3. The automatic dispatch method based on a central node of claim 2, wherein the online user queue determines whether a user is online based on a heartbeat mechanism, and removes users that are not online from the online user queue.

4. The automatic dispatch method based on a central node of claim 2, wherein the secondary task scheduling logic further comprises,

circularly acquiring online users from an online user queue;

checking whether the task being processed exists in a user task queue of the online user, and if the task being processed exists in the user task queue of the online user, judging that the online user is idle;

Searching whether the task template matched with the idle online user exists or not, if so, writing the task in the secondary task template cache queue matched with the task template into the user task queue;

deleting the task from the secondary task template cache queue matched with the task template.

5. The automatic dispatch method based on a central node of claim 1, wherein the relationship of a user and the task template comprises: associating one of the task templates with each user; each task template is associated with a plurality of users; and, the default template prefabricated by the system associates all users.

6. The automatic dispatch method based on a central node of claim 1, wherein the task template and task relationship comprises: each task template is associated with a plurality of tasks; each task belongs to a plurality of task templates; and, the default template prefabricated by the system contains all tasks.

7. An automatic dispatch system based on a central node for implementing the method of any one of claims 1 to 6, characterized in that it comprises a central node subsystem and a user subsystem,

The central node subsystem comprises a task scheduler, a buffer queue and a task template pool,

the task scheduler includes a primary task scheduler and a secondary task scheduler,

the primary task scheduler circularly acquires tasks from the primary task cache queue at fixed time intervals; calculating the score of the task in each task template; storing tasks with scores of not 0 in the task template into the secondary task template cache queue matched with the task template; when the tasks are stored in the secondary task template cache queue, sorting according to scores in the task templates matched with the secondary task template cache queue;

the secondary task scheduler is used for circularly acquiring online users from the online user queue; checking whether the task being processed exists in a user task queue of the online user, and if the task being processed exists in the user task queue of the online user, judging that the online user is idle; searching whether the task template matched with the idle online user exists or not, if so, writing the task in the secondary task template cache queue matched with the task template into the user task queue; deleting the task from the secondary task template cache queue matched with the task template;

The buffer queue comprises a first-level task buffer queue and a plurality of second-level task buffer queues, wherein the first-level task buffer queue is used for uniformly receiving tasks to be processed submitted to a background by clients, and the second-level task template buffer queue is used for storing the tasks in the first-level task buffer queue in groups;

the task template pool is used for storing the task templates, and each task template is matched with the secondary task template cache queue;

the user subsystem comprises the online user queue and the user task queue, wherein the online user queue is used for storing online user information, and the user task queue is used for storing information of tasks allocated to users.
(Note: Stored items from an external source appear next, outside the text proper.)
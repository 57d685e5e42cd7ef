-- ===== src/Db/Sound.antt =====
-- The invariant of the shared tables: what the API and the worker together keep true of the rows of
-- documents, tasks, chunks and extractions (models.py, jobs.py, main.py).
use evidencedesk.Prelude.{
  ℕ, ◌≡◌, ◌≢◌, refl, sym, ◌∙◌, ap, inl, inr, Bool, true, false, some, List, [], ◌⊎◌, arith, is_some,
}
use evidencedesk.Db.{Document, DocumentStatus, ProcessingTask, TaskStatus, Chunk, Extraction, Desk}
use evidencedesk.Db.Rows.{
  DistinctTasks, DistinctTasks-save_task, find_document, find_task, save_document, save_task,
  find_document-save_document, find_task-save_task, chunks_of, extractions_of,
}

-- The states that a task may be in, given that of its document.
abbrev pub agrees : DocumentStatus → TaskStatus → Bool
agrees DocumentStatus.queued TaskStatus.queued = true
agrees DocumentStatus.processing TaskStatus.processing = true
agrees DocumentStatus.completed TaskStatus.completed = true
agrees DocumentStatus.failed TaskStatus.failed = true
agrees DocumentStatus.deleted TaskStatus.completed = true
agrees DocumentStatus.deleted TaskStatus.failed = true
agrees _ _ = false

abbrev pub status_is_deleted : DocumentStatus → Bool
status_is_deleted DocumentStatus.deleted = true
status_is_deleted _ = false

-- A task mirrors its document: their states agree and, unless the document is deleted, so do their
-- error codes.
pub record Mirrors (t : ProcessingTask) (d : Document) : Type 0 where
  pub states : agrees d.status t.status ≡ true
  pub codes : status_is_deleted d.status ≡ false → t.error_code ≡ d.error_code

pub record SoundRows (documents : List Document) (tasks : List ProcessingTask) (chunks : List Chunk)
    (extractions : List Extraction) : Type 0 where
  -- the status DELETED and the time of deletion go together
  pub marked :
      (k : ℕ) (d : Document)
      → find_document k documents ≡ some d
      → is_some d.deleted_at ≡ status_is_deleted d.status
  -- every task mirrors its document
  pub mirrored :
      (i : ℕ) (t : ProcessingTask) (d : Document)
      → find_task i tasks ≡ some t
      → find_document t.document_id documents ≡ some d
      → Mirrors t d
  -- a document has one task
  pub unique :
      (i j : ℕ) (t u : ProcessingTask)
      → find_task i tasks ≡ some t
      → find_task j tasks ≡ some u
      → t.document_id ≡ u.document_id
      → i ≡ j
  -- no two tasks have one identifier
  pub distinct : DistinctTasks tasks
  -- nothing that was derived from a deleted document is left
  pub emptied :
      (k : ℕ) (d : Document)
      → find_document k documents ≡ some d
      → status_is_deleted d.status ≡ true
      → (chunks_of k chunks ≡ []) × (extractions_of k extractions ≡ [])

abbrev pub IsSound : Desk → Type 0
IsSound desk = SoundRows desk.documents desk.tasks desk.chunks desk.extractions

pub Option-some-injective {ℓ} : {A : Type ℓ} {a b : A} → some a ≡ some b → a ≡ b
Option-some-injective h = cc

module _ {documents : List Document} {tasks : List ProcessingTask} {chunks : List Chunk}
    {extractions : List Extraction} (s : SoundRows documents tasks chunks extractions)
    (task task' : ProcessingTask) (document document' : Document)
    (found_task : find_task task.id tasks ≡ some task)
    (found_document : find_document document.id documents ≡ some document)
    (owned : task.document_id ≡ document.id) (same_task : task'.id ≡ task.id)
    (same_owner : task'.document_id ≡ task.document_id)
    (same_document : document'.id ≡ document.id) where
  task_after :
      (i : ℕ) (t : ProcessingTask)
      → find_task i (save_task task' tasks) ≡ some t
      → ((i ≡ task.id) × (t ≡ task')) ⊎ ((i ≢ task.id) × (find_task i tasks ≡ some t))
  task_after i t h = ground (arith, find_task-save_task i task' tasks)

  document_after :
      (k : ℕ) (d : Document)
      → find_document k (save_document document' documents) ≡ some d
      → ((k ≡ document.id) × (d ≡ document'))
        ⊎ ((k ≢ document.id) × (find_document k documents ≡ some d))
  document_after k d h = ground (arith, find_document-save_document k document' documents)

  owner_after :
      (i : ℕ) (t : ProcessingTask)
      → find_task i (save_task task' tasks) ≡ some t
      → (u : ProcessingTask) × (find_task i tasks ≡ some u) × (t.document_id ≡ u.document_id)
  owner_after i t h = elim (task_after i t h) [
    | inl e ↦ (task, rw e.0 found_task, ap (λ (x : ProcessingTask). x.document_id) e.1 ∙ same_owner)
    | inr e ↦ (t, e.1, refl)
  ]

  mirrored_after :
      Mirrors task' document'
      → (i : ℕ) (t : ProcessingTask) (d : Document) → find_task i (save_task task' tasks) ≡ some t
      → find_document t.document_id (save_document document' documents) ≡ some d
      → Mirrors t d
  mirrored_after m i t d ht hd = elim (task_after i t ht) [
    | inl e ↦ elim (document_after t.document_id d hd) [
      | inl f ↦ rw (e.1, f.1) m
      | inr f ↦ absurd (f.0 (ap (λ (x : ProcessingTask). x.document_id) e.1 ∙ same_owner ∙ owned))
    ]
    | inr e ↦ elim (document_after t.document_id d hd) [
      | inl f ↦ absurd (e.0 (s.unique i task.id t task e.1 found_task (f.0 ∙ sym owned)))
      | inr f ↦ s.mirrored i t d e.1 f.1
    ]
  ]

  unique_after :
      (i j : ℕ) (t u : ProcessingTask)
      → find_task i (save_task task' tasks) ≡ some t
      → find_task j (save_task task' tasks) ≡ some u
      → t.document_id ≡ u.document_id
      → i ≡ j
  unique_after i j t u ht hu same =
      let (t', pt, et) = owner_after i t ht in
      let (u', pu, eu) = owner_after j u hu in s.unique i j t' u' pt pu (sym et ∙ same ∙ eu)

  -- The rows stay sound when a task and its document are written together.
  pub rewritten-SoundRows :
      (chunks' : List Chunk) (extractions' : List Extraction)
      → Mirrors task' document'
      → is_some document'.deleted_at ≡ status_is_deleted document'.status
      → ((k : ℕ)
          → k ≢ document.id
          → (chunks_of k chunks' ≡ chunks_of k chunks)
            × (extractions_of k extractions' ≡ extractions_of k extractions))
      → (status_is_deleted document'.status ≡ true
          → (chunks_of document.id chunks' ≡ []) × (extractions_of document.id extractions' ≡ []))
      → SoundRows (save_document document' documents) (save_task task' tasks) chunks' extractions'
  rewritten-SoundRows chunks' extractions' m mark others own = record {
    marked =
        λ k d h. elim (document_after k d h) [ inl e ↦ rw e.1 mark | inr e ↦ s.marked k d e.1 ];
    mirrored = mirrored_after m;
    unique = unique_after;
    distinct = DistinctTasks-save_task task' tasks s.distinct;
    emptied = λ k d h gone. elim (document_after k d h) [
      | inl e ↦ rw e.0 (own (rw e.1 at gone))
      | inr e ↦
          let (same_chunks, same_extractions) = others k e.0 in
          let (no_chunks, no_extractions) = s.emptied k d e.1 gone in
          (same_chunks ∙ no_chunks, same_extractions ∙ no_extractions)
    ];
  }

  -- The same where only the task is written.
  pub task_rewritten-SoundRows :
      Mirrors task' document → SoundRows documents (save_task task' tasks) chunks extractions
  task_rewritten-SoundRows m = record {
    marked = s.marked;
    mirrored = λ i t d ht hd. elim (task_after i t ht) [
      | inl e ↦
          let at : find_document t.document_id documents ≡ some document =
            ap (λ k. find_document k documents)
              (ap (λ (x : ProcessingTask). x.document_id) e.1 ∙ same_owner ∙ owned)
            ∙ found_document in
          rw (e.1, Option-some-injective (sym hd ∙ at)) m
      | inr e ↦ s.mirrored i t d e.1 hd
    ];
    unique = unique_after;
    distinct = DistinctTasks-save_task task' tasks s.distinct;
    emptied = s.emptied;
  }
8. Automatic dispatch device based on a central node, comprising a memory and a processor, said memory storing a computer program, characterized in that said processor implements the steps of the method according to any one of claims 1 to 6 when executing said computer program.

9. A central node based automated dispatch storage medium storing computer instructions which, when executed on a computer, cause the computer to perform the method of any of claims 1-6.